## [Information provided]
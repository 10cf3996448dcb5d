-- ===== src/Client/Receiver/Owners.antt =====
-- cpp/client/receiver.cpp: who owns each frame. A frame that was allocated is in the pool, in a slot
-- of the ring, or with the reader that GetNextFrame gave it to.
pub mod Balance
pub mod Calls
pub mod Readers
pub mod Ready
pub mod Runs
use remote_play.Prelude.{
  ℕ, ◌+◌, ◌≡◌, refl, List, [], ◌∷◌, Bool, false, ◌||◌, Option, none, some, arith, ltb, ◌==◌,
  if◌then◌else◌,
}
use remote_play.Client.Receiver.State.{Receiver, memb}
use remote_play.Client.Receiver.Fragment.Count.{count_set}

unfoldable pub count_in : ℕ → List ℕ → ℕ
count_in x [] = 0
count_in x (y ∷ ys) = count_in x ys + (if y == x then 1 else 0)

abbrev pub is_frame : ℕ → Option ℕ → Bool
is_frame x none = false
is_frame x (some y) = y == x

-- In how many places of the receiver the frame at `x` is.
unfoldable pub places : Receiver → ℕ → ℕ
places r x = count_in x r.frame_pool + count_set (λ i. is_frame x (r.frame_ring i)) 64

-- One for a frame that was allocated.
abbrev pub allocated : Receiver → ℕ → ℕ
allocated r x = if ltb x r.frame_storage then 1 else 0

-- Every allocated frame is in one place, and no other address is anywhere.
abbrev pub IsOwned : List ℕ → Receiver → Type 0
IsOwned held r = (x : ℕ) → places r x + count_in x held ≡ allocated r x

pub count_in-absent : (x : ℕ) (ys : List ℕ) → count_in x ys ≡ 0 → memb x ys ≡ false
unfolding count_in
count_in-absent x [] e = refl
count_in-absent x (y ∷ ys) e = ground (arith, count_in-absent x ys)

## [What you should do]
Identify the lines above that contain the word "none", then copy them.

## [Reply to the exercise]
  ℕ, ◌+◌, ◌≡◌, refl, List, [], ◌∷◌, Bool, false, ◌||◌, Option, none, some, arith, ltb, ◌==◌,
is_frame x none = false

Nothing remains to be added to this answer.